I heard a sharp intake of breath. It sounded like Dad when he’s getting ready to yell. I
put my hand over the headset button, ready to hang up if he exploded, but however tempted he was, he held it together.
He sounded almost resigned when he said, “Give me as many of the orbital elements as you have.”
“I left it at two thousand ninety-seven kilometers so the semimajor axis would be—” I added Earth’s radius to the altitude. “—eight thousand four hundred seventy-one kilometers. Inclination at forty-five degrees. Eccentricity is darn close to zero. The longitude of the ascending node is approximately one hundred eighty west. Velocity was six thousand eight hundred sixty meters per second. Changes in altitude were less than three meters per second but, frankly, that’s within the error bars of my GPS.”
I heard a pen scratching as he took the numbers down. “A two-line element set would be better,” he muttered.
I knew about two-line elements but I didn’t quite understand them. They didn’t cover that in high school physics.
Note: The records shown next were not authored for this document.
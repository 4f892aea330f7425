-- ===== src/Pages.antt =====
-- Pages and holes in rtalloc.c: init_page_info, RTinit_empty_pages, allocate_segment and the
-- best-fit search of allocate_empty_pages. A hole is a run of empty pages whose first two words
-- hold its page count and the next hole.
pub mod BestFit
use rtgc.Common.{
  ℕ, zero, suc, ◌+◌, ◌-◌, ◌*◌, ◌/◌, ◌%◌, not, ◌&&◌, Run, ok, stopped, debugger, out_of_fuel, ◌>>=◌,
  leb, ltb, ◌==◌, if◌then◌else◌,
}
use rtgc.InfoBits.{Mem, Ptr, null, write}
use rtgc.Heap.{
  Heap, Page, empty_page, system_page, Segment, SegmentType, heap_segment, static_segment,
  bytes_per_page, page_index_to_ptr, ptr_to_page_index,
}

-- The fields of a hole.
abbrev pub hole_page_count : Mem → Ptr → ℕ
hole_page_count m p = m p

abbrev pub hole_next : Mem → Ptr → Ptr
hole_next m p = m (p + 8)

unfoldable pub write_hole : Mem → Ptr → (page_count : ℕ) → (next : Ptr) → Mem
unfolding write
write_hole m p page_count next = write (write m p page_count) (p + 8) next

-- init_page_info
unfoldable pub init_page_info : Heap → Heap
init_page_info h = record h {
  pages = λ i.
      if ltb i h.total_partition_pages
      then record { base = null; group = system_page }
      else h.pages i;
}

-- The pages from `first` on become empty.
unfoldable pub clear_pages : (first count : ℕ) → (ℕ → Page) → ℕ → Page
clear_pages first count pages i =
    if leb first i && ltb i (first + count)
    then record { base = null; group = empty_page }
    else pages i

-- RTinit_empty_pages: the pages become the first hole of the list.
unfoldable pub init_empty_pages : (first_page page_count : ℕ) → SegmentType → Heap → Run Heap
unfolding clear_pages page_index_to_ptr write_hole
init_empty_pages first_page page_count heap_segment h =
    let new_hole = page_index_to_ptr h first_page in
    ok (record h {
      pages = clear_pages first_page page_count h.pages;
      mem = write_hole h.mem new_hole page_count h.empty_pages;
      empty_pages = new_hole;
    })
init_empty_pages first_page page_count static_segment h = stopped debugger

-- MAX_SEGMENTS
abbrev pub max_segments : ℕ
max_segments = 2

-- What allocate_segment does with a segment of each type.
unfoldable pub use_segment : (first last : Ptr) → (page_count : ℕ) → SegmentType → Heap → Run Heap
unfolding init_empty_pages ptr_to_page_index
use_segment first last page_count heap_segment h =
    let h' = record h { first_partition_ptr = first; last_partition_ptr = last } in
    init_empty_pages (ptr_to_page_index h' first) page_count heap_segment h'
use_segment first last page_count static_segment h =
    let segment = h.segments 0 in
    ok (record h {
      last_static_ptr = segment.last_segment_ptr;
      first_static_ptr = segment.first_segment_ptr;
      static_frontier_ptr = segment.first_segment_ptr;
    })

abbrev set_segment : (ℕ → Segment) → ℕ → Segment → ℕ → Segment
set_segment segments i s j = if j == i then s else segments j

-- allocate_segment; `memory` is what RTbig_malloc, that is mmap, returns. The result has the
-- number of bytes.
unfoldable pub allocate_segment :
    (memory : Ptr) → (desired_bytes : ℕ) → SegmentType → Heap → Run (Heap × ℕ)
unfolding use_segment
allocate_segment memory desired_bytes type h =
    let page_count = desired_bytes / bytes_per_page in
    let last = memory + page_count * bytes_per_page in
    let segment : Segment = record {
      first_segment_ptr = memory;
      last_segment_ptr = last;
      segment_page_count = page_count;
      type = type;
    } in
    let h' = record h {
      total_segments = h.total_segments + 1;
      segments = set_segment h.segments h.total_segments segment;
    } in
    let used : Run (Heap × ℕ) =
      use_segment memory last page_count type h' >>= λ h''. ok (h'', desired_bytes) in
    if ltb 0 desired_bytes
      && desired_bytes % bytes_per_page == 0
      && ltb h.total_segments max_segments
    then (if memory == null then stopped debugger else used)
    else ok (h, 0)

-- The variables of the search in allocate_empty_pages.
pub record Best : Type 0 where
  pub best : Ptr
  pub best_prev : Ptr
  pub best_remaining : ℕ

-- One hole is looked at.
unfoldable pub consider : (page_count : ℕ) → Mem → (prev next : Ptr) → Best → Best
consider page_count m prev next b =
    let remaining = hole_page_count m next - page_count in
    if leb page_count (hole_page_count m next) && ltb remaining b.best_remaining
    then record { best = next; best_prev = prev; best_remaining = remaining }
    else b

-- The search, with fuel for its rounds; it ends early at a hole of exactly the right size.
unfoldable pub search_holes : (fuel page_count : ℕ) → Mem → (prev next : Ptr) → Best → Run Best
unfolding consider
search_holes zero page_count m prev next b = stopped out_of_fuel
search_holes (suc fuel) page_count m prev next b =
    let rest =
      search_holes fuel page_count m next (hole_next m next) (consider page_count m prev next b) in
    if ltb 0 b.best_remaining && not (next == null) then rest else ok b

-- The best hole is taken, or its first pages if it is larger; what is left takes its place.
unfoldable pub take_hole : (page_count : ℕ) → Best → Heap → Heap
unfolding write_hole write
take_hole page_count b h =
    let next = hole_next h.mem b.best in
    let cut = b.best + page_count * bytes_per_page in
    let rest = if b.best_remaining == 0 then next else cut in
    let m = if b.best_remaining == 0 then h.mem else write_hole h.mem cut b.best_remaining next in
    if b.best_prev == null
    then record h { mem = m; empty_pages = rest }
    else record h { mem = write m (b.best_prev + 8) rest }

-- allocate_empty_pages; the base is NULL where no hole is large enough.
unfoldable pub allocate_empty_pages : (fuel page_count : ℕ) → Heap → Run (Heap × Ptr)
unfolding search_holes take_hole
allocate_empty_pages fuel page_count h =
    search_holes fuel page_count h.mem null h.empty_pages
      (record { best = null; best_prev = null; best_remaining = h.total_partition_pages + 1 })
    >>= λ b. ok (if b.best == null then h else take_hole page_count b h, b.best)
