-- ===== src/SizeClass.antt =====
-- The size classes of rtalloc.c: size_to_group_index, init_group_info and allocation_group. A C
-- `int` is its bit pattern, a number below 2 ^ 32; from 2 ^ 31 on it stands for a negative value.
pub mod Bounds
use rtgc.Common.{
  ℕ, zero, suc, ◌+◌, ◌-◌, ◌*◌, ◌/◌, ◌%◌, ◌^◌, Bool, max, Run, ok, stopped, debugger, out_of_fuel,
  ◌>>=◌, leb, ltb, ◌==◌, if◌then◌else◌,
}
use rtgc.InfoBits.{Mem, Ptr, null, sc_metadata}
use rtgc.Group.{Group}

-- MIN_GROUP_INDEX and MAX_GROUP_INDEX
abbrev pub min_group_index : ℕ
min_group_index = 5

abbrev pub max_group_index : ℕ
max_group_index = 24

-- sizeof (GC_HEADER) and sizeof (void *)
abbrev pub header_size : ℕ
header_size = 16

abbrev pub pointer_size : ℕ
pointer_size = 8

-- The conversion of a wider value to `int`.
abbrev pub to_int : ℕ → ℕ
to_int n = n % 2 ^ 32

abbrev pub negative : ℕ → Bool
negative n = leb (2 ^ 31) n

-- The absolute value of `size - 1`. C divides towards zero, so the loop halves it.
unfoldable pub magnitude_before : ℕ → ℕ
magnitude_before size =
    if negative size then 2 ^ 32 - size + 1 else if size == 0 then 1 else size - 1

-- The loop of size_to_group_index, with fuel for its rounds.
unfoldable pub halvings : (fuel s index : ℕ) → Run ℕ
halvings zero s index = if s == 0 then ok index else stopped out_of_fuel
halvings (suc fuel) s index =
    let rest = halvings fuel (s / 2) (index + 1) in if s == 0 then ok index else rest

unfoldable pub size_to_group_index : ℕ → Run ℕ
unfolding halvings magnitude_before
size_to_group_index size = do
  index ← halvings 33 (magnitude_before size) 0
  ok (max min_group_index index)

-- init_group_info for one index.
unfoldable pub init_group_info : ℕ → Group
init_group_info index = record {
  size = 2 ^ index;
  index = index;
  last = null;
  free = null;
  gray = null;
  black = null;
  white = null;
  white_count = 0;
  black_scanned_count = 0;
  black_alloc_count = 0;
}

-- The size that allocation_group asks for: of `size` bytes, or of `size` records that are as long
-- as the first word of the metadata says, and the pointer to the metadata.
unfoldable pub real_size : Mem → (metadata size : ℕ) → ℕ
real_size m metadata size =
    if ltb metadata sc_metadata
    then to_int (size + header_size)
    else to_int (to_int (m metadata * size + pointer_size) + header_size)

-- The index of the group; a negative or a too large size goes to the debugger.
unfoldable pub allocation_group : Mem → (metadata size : ℕ) → Run ℕ
unfolding real_size size_to_group_index
allocation_group m metadata size = if negative size then stopped debugger else do
  index ← size_to_group_index (real_size m metadata size)
  if ltb max_group_index index then stopped debugger else ok index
I changed the subject.
“I’m going to remediate some more junk—you have any other problem debris?”
“Uh, I’m not at the office, but I don’t recall any pressing issues this week. You have something in mind?”
“Yes. A chunk of Cosmos 1375, if it doesn’t turn out to be too big.”
I heard him typing on his computer. “Ah. That one. We will watch your operation with interest.”
“Toodles.”
I disconnected.
Cosmos 1375 was put up just to be destroyed as part of a Soviet antisatellite test. According to my research there were fifty-six major pieces of it still in orbit. I caught up with mine as it passed 903 kilometers over the Aegean Sea.
It was like a dishwasher if a dishwasher were tumbling slowly and egg-shaped, with flattened tubing and twisted structural elements projecting at odd intervals. It was spinning slowly, perhaps once every three seconds. One hemisphere was blackened with carbon scoring while the other side was covered with torn sheets of gold foil. I think it was a fuel or oxidizer tank.
The first piece I grabbed, a section of tubing that extended out furthest, bent, twisted, and then snapped off in my hand. The tank tumbled on, only now with a slight wobble.
The next bracket I grabbed was firmly attached. The tank slowed down and I began rotating with it, or, more exactly, we started orbiting around a midpoint that corresponded with my elbow. This made me think the debris massed as much as I did, suit and all.